→ Work item:
From the records below, copy out exactly the lines from the one containing "deal_round-reverse queues note_type" to the one containing "-- ===== src/Validator/Tests.antt", both included. Add nothing else.

→ Material provided:
——————

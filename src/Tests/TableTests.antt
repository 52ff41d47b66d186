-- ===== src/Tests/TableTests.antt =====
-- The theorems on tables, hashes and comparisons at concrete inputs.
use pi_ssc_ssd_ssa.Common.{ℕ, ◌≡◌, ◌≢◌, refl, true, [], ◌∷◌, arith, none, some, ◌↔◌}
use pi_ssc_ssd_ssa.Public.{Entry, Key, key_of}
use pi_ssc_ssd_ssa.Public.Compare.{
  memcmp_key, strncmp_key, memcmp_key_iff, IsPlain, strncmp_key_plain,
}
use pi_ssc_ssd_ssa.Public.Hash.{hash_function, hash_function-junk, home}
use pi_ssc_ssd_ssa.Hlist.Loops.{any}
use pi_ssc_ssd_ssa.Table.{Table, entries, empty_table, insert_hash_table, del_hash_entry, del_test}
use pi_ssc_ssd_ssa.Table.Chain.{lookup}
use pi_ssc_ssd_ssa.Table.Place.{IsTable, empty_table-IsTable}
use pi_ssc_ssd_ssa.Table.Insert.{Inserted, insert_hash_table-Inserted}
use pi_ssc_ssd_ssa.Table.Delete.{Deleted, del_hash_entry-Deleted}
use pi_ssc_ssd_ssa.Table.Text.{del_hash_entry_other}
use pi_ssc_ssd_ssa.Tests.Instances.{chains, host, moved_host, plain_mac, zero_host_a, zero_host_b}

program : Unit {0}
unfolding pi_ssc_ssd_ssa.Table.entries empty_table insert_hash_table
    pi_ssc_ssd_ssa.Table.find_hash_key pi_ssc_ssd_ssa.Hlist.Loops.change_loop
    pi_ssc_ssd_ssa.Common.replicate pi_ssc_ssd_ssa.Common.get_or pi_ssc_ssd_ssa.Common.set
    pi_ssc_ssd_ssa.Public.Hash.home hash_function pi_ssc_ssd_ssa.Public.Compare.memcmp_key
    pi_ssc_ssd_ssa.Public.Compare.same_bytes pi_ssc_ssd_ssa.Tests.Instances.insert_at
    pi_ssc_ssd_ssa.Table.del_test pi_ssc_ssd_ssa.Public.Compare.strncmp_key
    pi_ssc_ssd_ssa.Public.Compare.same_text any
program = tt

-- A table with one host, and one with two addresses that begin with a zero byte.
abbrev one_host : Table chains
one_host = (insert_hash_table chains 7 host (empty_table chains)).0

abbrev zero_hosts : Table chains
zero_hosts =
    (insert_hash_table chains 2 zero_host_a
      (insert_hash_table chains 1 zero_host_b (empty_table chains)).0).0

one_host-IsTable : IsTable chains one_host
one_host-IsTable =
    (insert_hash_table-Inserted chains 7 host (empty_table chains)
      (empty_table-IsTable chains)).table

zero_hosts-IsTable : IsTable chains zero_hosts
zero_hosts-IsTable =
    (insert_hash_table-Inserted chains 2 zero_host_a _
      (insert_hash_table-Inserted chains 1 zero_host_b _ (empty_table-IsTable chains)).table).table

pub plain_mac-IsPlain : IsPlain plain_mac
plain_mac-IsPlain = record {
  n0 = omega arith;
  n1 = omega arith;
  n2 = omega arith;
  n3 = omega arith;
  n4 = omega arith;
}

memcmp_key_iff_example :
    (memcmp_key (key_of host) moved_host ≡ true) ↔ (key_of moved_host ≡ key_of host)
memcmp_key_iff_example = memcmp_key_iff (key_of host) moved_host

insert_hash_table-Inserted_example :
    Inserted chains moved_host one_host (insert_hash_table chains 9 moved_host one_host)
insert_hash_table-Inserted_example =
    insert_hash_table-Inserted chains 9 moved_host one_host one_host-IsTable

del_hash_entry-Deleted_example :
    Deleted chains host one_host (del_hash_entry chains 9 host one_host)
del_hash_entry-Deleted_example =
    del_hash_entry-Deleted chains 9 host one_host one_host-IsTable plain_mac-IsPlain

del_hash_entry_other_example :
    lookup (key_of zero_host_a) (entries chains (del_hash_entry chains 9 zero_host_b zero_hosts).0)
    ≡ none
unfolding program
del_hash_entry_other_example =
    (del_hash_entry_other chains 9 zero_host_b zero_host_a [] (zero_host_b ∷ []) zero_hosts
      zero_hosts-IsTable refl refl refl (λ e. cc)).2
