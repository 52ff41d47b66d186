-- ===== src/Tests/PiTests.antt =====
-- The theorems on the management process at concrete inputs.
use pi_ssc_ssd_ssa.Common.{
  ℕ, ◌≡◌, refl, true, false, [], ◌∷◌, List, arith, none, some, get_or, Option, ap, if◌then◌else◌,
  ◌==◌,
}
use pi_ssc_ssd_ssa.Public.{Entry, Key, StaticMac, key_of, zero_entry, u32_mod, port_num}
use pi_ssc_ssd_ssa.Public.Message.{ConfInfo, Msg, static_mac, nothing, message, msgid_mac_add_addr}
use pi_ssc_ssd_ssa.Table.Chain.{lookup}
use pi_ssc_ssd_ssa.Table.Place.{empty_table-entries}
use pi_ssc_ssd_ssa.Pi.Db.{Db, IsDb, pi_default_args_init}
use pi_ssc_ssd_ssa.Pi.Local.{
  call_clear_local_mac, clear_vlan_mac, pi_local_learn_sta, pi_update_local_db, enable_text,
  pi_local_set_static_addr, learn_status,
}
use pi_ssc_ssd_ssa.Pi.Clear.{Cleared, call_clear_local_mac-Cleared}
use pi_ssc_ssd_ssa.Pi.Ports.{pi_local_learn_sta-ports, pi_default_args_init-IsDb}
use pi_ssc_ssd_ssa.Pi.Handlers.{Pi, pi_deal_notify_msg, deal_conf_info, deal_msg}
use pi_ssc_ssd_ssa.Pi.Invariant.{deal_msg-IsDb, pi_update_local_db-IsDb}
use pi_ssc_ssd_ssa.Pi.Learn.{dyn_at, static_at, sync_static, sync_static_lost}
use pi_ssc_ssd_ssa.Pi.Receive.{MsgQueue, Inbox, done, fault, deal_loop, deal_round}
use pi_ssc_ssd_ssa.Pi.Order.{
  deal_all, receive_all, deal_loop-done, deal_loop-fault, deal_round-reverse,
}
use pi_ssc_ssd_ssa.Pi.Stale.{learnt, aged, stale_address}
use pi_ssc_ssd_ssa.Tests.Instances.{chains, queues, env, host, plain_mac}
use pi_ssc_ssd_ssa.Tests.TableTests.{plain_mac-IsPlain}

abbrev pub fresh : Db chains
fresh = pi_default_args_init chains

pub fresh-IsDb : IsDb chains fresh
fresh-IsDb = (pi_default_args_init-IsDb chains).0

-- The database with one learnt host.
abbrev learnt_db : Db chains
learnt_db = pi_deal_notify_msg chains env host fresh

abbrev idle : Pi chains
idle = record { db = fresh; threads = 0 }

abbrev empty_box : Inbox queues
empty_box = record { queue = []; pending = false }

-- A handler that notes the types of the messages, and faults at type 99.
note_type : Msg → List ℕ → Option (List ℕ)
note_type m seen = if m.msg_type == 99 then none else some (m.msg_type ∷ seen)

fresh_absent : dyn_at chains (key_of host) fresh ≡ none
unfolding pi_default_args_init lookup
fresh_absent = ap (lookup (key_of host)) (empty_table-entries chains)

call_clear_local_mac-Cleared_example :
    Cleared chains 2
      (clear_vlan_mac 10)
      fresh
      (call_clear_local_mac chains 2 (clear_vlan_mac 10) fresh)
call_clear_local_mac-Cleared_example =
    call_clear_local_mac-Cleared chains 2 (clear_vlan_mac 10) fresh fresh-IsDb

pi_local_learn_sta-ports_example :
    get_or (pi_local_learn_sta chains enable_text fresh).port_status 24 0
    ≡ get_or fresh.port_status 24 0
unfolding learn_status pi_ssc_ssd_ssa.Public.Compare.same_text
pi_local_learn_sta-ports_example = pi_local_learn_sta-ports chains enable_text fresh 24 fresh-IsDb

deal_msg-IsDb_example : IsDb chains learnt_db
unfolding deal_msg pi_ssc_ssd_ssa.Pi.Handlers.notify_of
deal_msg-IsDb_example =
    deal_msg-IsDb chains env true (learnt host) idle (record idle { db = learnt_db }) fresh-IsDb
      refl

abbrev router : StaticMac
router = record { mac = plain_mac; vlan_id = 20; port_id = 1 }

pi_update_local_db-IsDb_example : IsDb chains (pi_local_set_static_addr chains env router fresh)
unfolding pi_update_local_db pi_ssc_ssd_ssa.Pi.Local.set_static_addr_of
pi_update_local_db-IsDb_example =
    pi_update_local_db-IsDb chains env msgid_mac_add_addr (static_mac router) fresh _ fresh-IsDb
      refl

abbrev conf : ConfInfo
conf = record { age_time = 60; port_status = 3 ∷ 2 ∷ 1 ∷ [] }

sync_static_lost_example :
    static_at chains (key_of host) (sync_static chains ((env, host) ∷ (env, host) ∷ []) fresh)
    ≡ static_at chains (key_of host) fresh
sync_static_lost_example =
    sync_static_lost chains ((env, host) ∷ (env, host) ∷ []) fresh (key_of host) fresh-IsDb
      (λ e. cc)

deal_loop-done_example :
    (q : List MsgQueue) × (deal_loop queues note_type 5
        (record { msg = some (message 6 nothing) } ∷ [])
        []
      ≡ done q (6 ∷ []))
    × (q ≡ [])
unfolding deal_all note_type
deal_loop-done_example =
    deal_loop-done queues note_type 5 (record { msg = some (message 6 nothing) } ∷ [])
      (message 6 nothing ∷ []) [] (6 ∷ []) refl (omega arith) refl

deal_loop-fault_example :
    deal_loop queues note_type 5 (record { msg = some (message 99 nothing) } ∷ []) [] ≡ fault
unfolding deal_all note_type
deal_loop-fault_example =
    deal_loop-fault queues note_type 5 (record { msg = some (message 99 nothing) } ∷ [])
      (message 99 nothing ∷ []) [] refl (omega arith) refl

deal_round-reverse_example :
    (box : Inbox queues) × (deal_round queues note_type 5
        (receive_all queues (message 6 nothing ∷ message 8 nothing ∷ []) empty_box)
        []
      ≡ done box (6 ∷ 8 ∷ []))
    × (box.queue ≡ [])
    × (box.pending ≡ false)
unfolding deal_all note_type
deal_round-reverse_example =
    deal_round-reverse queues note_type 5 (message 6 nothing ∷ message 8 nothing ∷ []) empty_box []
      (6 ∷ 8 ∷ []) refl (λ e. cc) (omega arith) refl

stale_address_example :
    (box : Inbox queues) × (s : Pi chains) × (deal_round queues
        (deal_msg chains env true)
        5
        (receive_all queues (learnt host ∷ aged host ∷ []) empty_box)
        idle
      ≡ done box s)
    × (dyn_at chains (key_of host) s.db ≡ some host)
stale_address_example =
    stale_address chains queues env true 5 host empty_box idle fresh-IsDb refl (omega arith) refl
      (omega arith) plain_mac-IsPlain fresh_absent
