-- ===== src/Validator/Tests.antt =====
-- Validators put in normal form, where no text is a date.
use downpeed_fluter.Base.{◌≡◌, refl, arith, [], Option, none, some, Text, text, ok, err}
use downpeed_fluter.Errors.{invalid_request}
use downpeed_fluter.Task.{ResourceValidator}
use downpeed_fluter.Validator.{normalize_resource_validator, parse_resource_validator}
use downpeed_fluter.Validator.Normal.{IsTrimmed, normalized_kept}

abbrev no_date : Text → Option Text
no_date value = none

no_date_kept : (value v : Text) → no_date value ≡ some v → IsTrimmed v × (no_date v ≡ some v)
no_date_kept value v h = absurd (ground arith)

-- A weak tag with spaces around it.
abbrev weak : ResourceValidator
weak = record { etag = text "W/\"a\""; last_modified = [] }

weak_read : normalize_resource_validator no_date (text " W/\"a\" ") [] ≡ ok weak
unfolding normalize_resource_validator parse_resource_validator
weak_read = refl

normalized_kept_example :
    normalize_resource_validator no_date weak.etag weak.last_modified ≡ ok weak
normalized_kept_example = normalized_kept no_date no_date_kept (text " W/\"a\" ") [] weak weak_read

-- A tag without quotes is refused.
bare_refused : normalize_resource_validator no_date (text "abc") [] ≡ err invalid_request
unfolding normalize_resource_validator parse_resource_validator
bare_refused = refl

——————

→ Reply:
    deal_round-reverse queues note_type 5 (message 6 nothing ∷ message 8 nothing ∷ []) empty_box []
      (6 ∷ 8 ∷ []) refl (λ e. cc) (omega arith) refl

stale_address_example :
    (box : Inbox queues) × (s : Pi chains) × (deal_round queues
        (deal_msg chains env true)
        5
        (receive_all queues (learnt host ∷ aged host ∷ []) empty_box)
        idle
      ≡ done box s)
    × (dyn_at chains (key_of host) s.db ≡ some host)
stale_address_example =
    stale_address chains queues env true 5 host empty_box idle fresh-IsDb refl (omega arith) refl
      (omega arith) plain_mac-IsPlain fresh_absent
-- ===== src/Validator/Tests.antt =====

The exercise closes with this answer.